» **TASK PROMPT**
The listing below holds a line with "(s.machine ≡ t.machine)" and a line with "-- A state whose". Reproduce those two lines exactly, plus everything between them.
---
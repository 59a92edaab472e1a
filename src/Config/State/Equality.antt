-- ===== src/Config/State/Equality.antt =====
-- The derived equality of `MeshState`, and `membership_differs`. A record is compared by its fields.
use jj_mesh.Prelude.{
  BTreeMap, eqb, eqb_refl, eqb_sound, Ord, nat_ord, bool_ord, pair_ord, list_ord, option_ord,
  reverse_ord, ℕ, ◌≡◌, refl, Bool, true, false, not, ◌&&◌, ◌||◌, Option, List, [], ◌∷◌, map, arith,
}
use jj_mesh.Config.Name.{Text}
use jj_mesh.Config.RepoId.{RepoId, Repo}
use jj_mesh.Config.Membership.Peers.{status_name, peer_register, Peer}
use jj_mesh.Config.Membership.Repos.{status_id, repo_register, MeshRepo}
use jj_mesh.Config.Machine.{Machine}
use jj_mesh.Config.Claims.{WorkspaceClaims, claims_register}
use jj_mesh.Config.State.Defs.{membership, MeshState}

-- The fields of a record, which determine it
abbrev peer_fields : {E : Type 0} → E × Peer → E × (ℕ × Option Text)
peer_fields e = (e.0, (e.1.version, status_name e.1.status))

abbrev repo_fields : Text × Repo → Text × (RepoId × Text)
repo_fields e = (e.0, (e.1.id, e.1.path))

abbrev mesh_fields : Text × MeshRepo → Text × (ℕ × Option RepoId)
mesh_fields e = (e.0, (e.1.version, status_id e.1.status))

abbrev claims_fields : WorkspaceClaims → ℕ × BTreeMap RepoId (List Text)
claims_fields c = (c.version, c.repos)

abbrev peer_claims_fields :
    {E : Type 0} → E × WorkspaceClaims → E × (ℕ × BTreeMap RepoId (List Text))
peer_claims_fields e = (e.0, claims_fields e.1)

abbrev machine_fields : Machine → Text × ℕ
machine_fields m = (m.name, m.version)

map-injective :
    {A B : Type 0} (f : A → B)
    → ((a b : A) → f a ≡ f b → a ≡ b)
    → (xs ys : List A) → map f xs ≡ map f ys
    → xs ≡ ys
map-injective f inj [] [] h = refl
map-injective f inj [] (y ∷ ys) h = ground arith
map-injective f inj (x ∷ xs) [] h = ground arith
map-injective f inj (x ∷ xs) (y ∷ ys) h = ground (arith, inj x y, map-injective f inj xs ys)

peer_fields-injective : {E : Type 0} (a b : E × Peer) → peer_fields a ≡ peer_fields b → a ≡ b
peer_fields-injective a b h = ground arith

repo_fields-injective : (a b : Text × Repo) → repo_fields a ≡ repo_fields b → a ≡ b
repo_fields-injective a b h = ground arith

mesh_fields-injective : (a b : Text × MeshRepo) → mesh_fields a ≡ mesh_fields b → a ≡ b
mesh_fields-injective a b h = ground arith

claims_fields-injective : (a b : WorkspaceClaims) → claims_fields a ≡ claims_fields b → a ≡ b
claims_fields-injective a b h = ground arith

peer_claims_fields-injective :
    {E : Type 0} (a b : E × WorkspaceClaims) → peer_claims_fields a ≡ peer_claims_fields b → a ≡ b
peer_claims_fields-injective a b h = ground arith

module _ {E : Type 0} ⦃oe : Ord E⦄ where
  unfoldable pub same_machine : MeshState E → MeshState E → Bool
  same_machine s t = eqb (machine_fields s.machine) (machine_fields t.machine)

  unfoldable pub same_peers : MeshState E → MeshState E → Bool
  same_peers s t = eqb (map peer_fields s.peers) (map peer_fields t.peers)

  unfoldable pub same_repos : MeshState E → MeshState E → Bool
  same_repos s t = eqb (map repo_fields s.repos) (map repo_fields t.repos)

  unfoldable pub same_mesh_repos : MeshState E → MeshState E → Bool
  same_mesh_repos s t = eqb (map mesh_fields s.mesh_repos) (map mesh_fields t.mesh_repos)

  unfoldable pub same_claims : MeshState E → MeshState E → Bool
  same_claims s t = eqb (claims_fields s.claims) (claims_fields t.claims)

  unfoldable pub same_peer_claims : MeshState E → MeshState E → Bool
  same_peer_claims s t =
      eqb (map peer_claims_fields s.peer_claims) (map peer_claims_fields t.peer_claims)

  -- `MeshState::membership_differs`
  unfoldable pub membership_differs : MeshState E → MeshState E → Bool
  membership_differs s t =
      not (same_machine s t)
      || (not (same_peers s t)
          || (not (same_mesh_repos s t) || (not (same_claims s t) || not (same_peer_claims s t))))

  -- `==`
  unfoldable pub same_state : MeshState E → MeshState E → Bool
  unfolding membership_differs
  same_state s t = not (membership_differs s t) && same_repos s t

  machine_sound : (s t : MeshState E) → same_machine s t ≡ true → s.machine ≡ t.machine
  unfolding same_machine
  machine_sound s t h =
      let e = eqb_sound (machine_fields s.machine) (machine_fields t.machine) h in ground arith

  peers_sound : (s t : MeshState E) → same_peers s t ≡ true → s.peers ≡ t.peers
  unfolding same_peers
  peers_sound s t h =
      map-injective peer_fields peer_fields-injective s.peers t.peers
        (eqb_sound (map peer_fields s.peers) (map peer_fields t.peers) h)

  repos_sound : (s t : MeshState E) → same_repos s t ≡ true → s.repos ≡ t.repos
  unfolding same_repos
  repos_sound s t h =
      map-injective repo_fields repo_fields-injective s.repos t.repos
        (eqb_sound (map repo_fields s.repos) (map repo_fields t.repos) h)

  mesh_repos_sound : (s t : MeshState E) → same_mesh_repos s t ≡ true → s.mesh_repos ≡ t.mesh_repos
  unfolding same_mesh_repos
  mesh_repos_sound s t h =
      map-injective mesh_fields mesh_fields-injective s.mesh_repos t.mesh_repos
        (eqb_sound (map mesh_fields s.mesh_repos) (map mesh_fields t.mesh_repos) h)

  claims_sound : (s t : MeshState E) → same_claims s t ≡ true → s.claims ≡ t.claims
  unfolding same_claims
  claims_sound s t h =
      claims_fields-injective s.claims t.claims
        (eqb_sound (claims_fields s.claims) (claims_fields t.claims) h)

  peer_claims_sound :
      (s t : MeshState E) → same_peer_claims s t ≡ true → s.peer_claims ≡ t.peer_claims
  unfolding same_peer_claims
  peer_claims_sound s t h =
      map-injective peer_claims_fields peer_claims_fields-injective s.peer_claims t.peer_claims
        (eqb_sound (map peer_claims_fields s.peer_claims) (map peer_claims_fields t.peer_claims) h)

  -- What is gossiped of a state depends on the fields that are compared only.
  same_gossip :
      (s t : MeshState E)
      → membership_differs s t ≡ false
      → (s.machine ≡ t.machine)
        × (s.peers ≡ t.peers)
        × (s.mesh_repos ≡ t.mesh_repos)
        × (s.claims ≡ t.claims)
        × (s.peer_claims ≡ t.peer_claims)
  unfolding membership_differs
  same_gossip s t h = (
    machine_sound s t (ground arith),
    peers_sound s t (ground arith),
    mesh_repos_sound s t (ground arith),
    claims_sound s t (ground arith),
    peer_claims_sound s t (ground arith),
  )

  -- A state whose membership is not reported as different gossips the same membership.
  pub membership_differs_sound :
      (s t : MeshState E) (local : E)
      → membership_differs s t ≡ false
      → membership s local ≡ membership t local
  unfolding membership
  membership_differs_sound s t local h =
      let (m, p, r, c, pc) = same_gossip s t h in rw (m, p, r, c, pc) refl

  -- States that compare as equal are equal.
  pub same_state_sound : (s t : MeshState E) → same_state s t ≡ true → s ≡ t
  unfolding same_state
  same_state_sound s t h =
      let (m, p, r, c, pc) = same_gossip s t (ground arith) in
      let l = repos_sound s t (ground arith) in ground arith

  pub same_state_refl : (s : MeshState E) → same_state s s ≡ true
  unfolding same_state membership_differs same_machine same_peers same_repos same_mesh_repos
      same_claims same_peer_claims
  same_state_refl s = ground (
    arith,
    eqb_refl (machine_fields s.machine),
    eqb_refl (map peer_fields s.peers),
    eqb_refl (map repo_fields s.repos),
    eqb_refl (map mesh_fields s.mesh_repos),
    eqb_refl (claims_fields s.claims),
    eqb_refl (map peer_claims_fields s.peer_claims),
  )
---
» **ANSWER FOR THE TASK**
      → (s.machine ≡ t.machine)
        × (s.peers ≡ t.peers)
        × (s.mesh_repos ≡ t.mesh_repos)
        × (s.claims ≡ t.claims)
        × (s.peer_claims ≡ t.peer_claims)
  unfolding membership_differs
  same_gossip s t h = (
    machine_sound s t (ground arith),
    peers_sound s t (ground arith),
    mesh_repos_sound s t (ground arith),
    claims_sound s t (ground arith),
    peer_claims_sound s t (ground arith),
  )

  -- A state whose membership is not reported as different gossips the same membership.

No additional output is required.